We need more good people like @gorre_morre who actually tell why a post needs editing so some poor mod isnt confused here and there xD

rds_98 · June 19, 2018, 1:26am

@gorre_morre Can u help me in Calculating FFT as u have described in O(n log(n)) approach?

gorre_morre · June 19, 2018, 7:08pm

@rds_98 I’ve just added an example of a fully working polynomial multiplier using Cooley-Tukey FFT algorithm.

In my original answer I didn’t describe how to implement the FFT, just how polynomial multiplication can be done using FFT. The most common and probably simplest way to implement FFT is using Cooley-Tukey algortihm, wiki has a pretty good article about the algorithm. So that is what I’m using for my example.

rds_98 · June 19, 2018, 8:01pm

@gorre_morre Thanks a Lot. Thanks

joney_000 · June 28, 2018, 1:35am

can anyone provide reference java implementation ?

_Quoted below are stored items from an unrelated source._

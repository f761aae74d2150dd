-- ===== src/Output.antt =====
-- Packets on their way out: eigrp_packet_output_enqueue and eigrp_packet_write of
-- eigrpd/eigrp_packet.c. What is handed to the socket is recorded.
pub mod Listed
pub mod Scheduled
pub mod Runs
use eigrpd.Base.{
  ℕ, Bool, true, false, not, Option, none, some, List, [], ◌∷◌, ◌++◌, ltb, ◌==◌, if◌then◌else◌,
}
use eigrpd.LinkList.{LinkList}
use eigrpd.Stream.{over, bytes_w, bytes_l, long}
use eigrpd.State.{
  Cell, M, pure, fault, get, modify, expect, when, ◌>>=◌, ◌>>◌, load_nbr, load_intf, update_intf,
}
use eigrpd.Packet.Framing.{header_len}
use eigrpd.Queue.{packet_enqueue, queue_next, packet_dequeue}
use eigrpd.Session.{Wire, update_packet, checksum}
use eigrpd.Update.Send.{free_packet}

-- eigrp_packet_output_enqueue
unfoldable pub output_enqueue : ℕ → ℕ → M (Unit {0})
output_enqueue ei p = do
  i ← load_intf ei
  w ← get
  r ← expect (packet_enqueue i.obuf p w.packets)
  modify (λ v. record v {
    packets = r.1;
    oi_write_q = if i.on_write_q then v.oi_write_q else v.oi_write_q ++ ei ∷ [];
    t_write = true;
  })
  update_intf ei (λ j. record j { obuf = r.0; on_write_q = true })

unfoldable pub free_dequeued : Option ℕ → M (Unit {0})
free_dequeued none = pure tt
free_dequeued (some p) = free_packet p

-- eigrp_packet_delete
unfoldable pub packet_delete : ℕ → M (Unit {0})
packet_delete ei = do
  i ← load_intf ei
  w ← get
  r ← expect (packet_dequeue i.obuf w.packets)
  modify (λ v. record v { packets = r.1.1 })
  update_intf ei (λ j. record j { obuf = r.1.0 })
  free_dequeued r.0

-- The event is set again while an interface waits.
abbrev pub waits : List ℕ → Bool
waits [] = false
waits (ei ∷ eis) = true

-- eigrp_intf_stream_unset of eigrpd/eigrp_interface.c: an interface that goes down.
unfoldable pub stream_unset : ⦃ll : LinkList⦄ → ℕ → M (Unit {0})
stream_unset ⦃ll = ll⦄ ei = do
  i ← load_intf ei
  when i.on_write_q do
    modify (λ w.
        let l = ll.delete w.oi_write_q ei in
        record w { oi_write_q = l; t_write = if waits l then w.t_write else false })
    update_intf ei (λ j. record j { on_write_q = false })

module _ (wire : Wire) where
  -- The acknowledgement is the neighbor's last number by now; the checksum is made anew.
  abbrev pub acked : ℕ → Cell → Cell
  acked recv c =
      if long c.bytes.byte 12 == recv
      then c
      else (let s = c.bytes in
          record c {
            bytes =
                checksum wire c.length
                  (record s { byte = over (over s.byte 12 (bytes_l recv)) 2 (bytes_w 0) });
          })

  unfoldable pub refresh_ack : ℕ → Option ℕ → M (Unit {0})
  refresh_ack p none = pure tt
  refresh_ack p (some nbr) = do n ← load_nbr nbr; update_packet p (acked n.recv_sequence_number)

  -- `sendmsg`, whose failure is logged.
  unfoldable pub transmit : ℕ → ℕ → M (Unit {0})
  transmit ei p = do
    w ← get
    c ← expect (w.packets p)
    modify (λ v. record v { sent = v.sent ++ (ei, c) ∷ [] })

  -- The next packet; one that is shorter than a header is dropped.
  unfoldable pub write_next : ℕ → ℕ → M (Unit {0})
  write_next ei p = do
    w ← get
    c ← expect (w.packets p)
    when (not (ltb c.length header_len)) (refresh_ack p c.nbr >> transmit ei p)
    packet_delete ei

  unfoldable pub write_obuf : ℕ → Option ℕ → M (Unit {0})
  write_obuf ei none = pure tt
  write_obuf ei (some p) = write_next ei p

  -- An interface whose queue is empty leaves the list.
  unfoldable pub write_done : ℕ → List ℕ → Option ℕ → M (Unit {0})
  write_done ei eis (some p) = pure tt
  write_done ei eis none = do
    update_intf ei (λ i. record i { on_write_q = false })
    modify (λ v. record v { oi_write_q = eis })

  unfoldable pub write_from : List ℕ → M (Unit {0})
  write_from [] = fault
  write_from (ei ∷ eis) = do
    i ← load_intf ei
    write_obuf ei (queue_next i.obuf)
    j ← load_intf ei
    write_done ei eis (queue_next j.obuf)
    modify (λ v. record v { t_write = waits v.oi_write_q })

  -- eigrp_packet_write: the event has fired, and is not pending.
  unfoldable pub packet_write : M (Unit {0})
  packet_write = do modify (λ v. record v { t_write = false }); w ← get; write_from w.oi_write_q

avm · June 29, 2018, 2:08am

I doubt that it is possible to solve this particular problem using FFT written on JAVA, because JAVA hasn’t analogue of C long double type and I suspect that BigDecimal is too slow. I tried to solve this problem on D language using FFT from standard library which use doubles and got WA due precision errors. Only when I wrote FFT with real type (long doubles in C), I got AC. If I want to solve this problem on JAVA I prefer to use Karatsuba multiplication algorithm (divide and conquerer).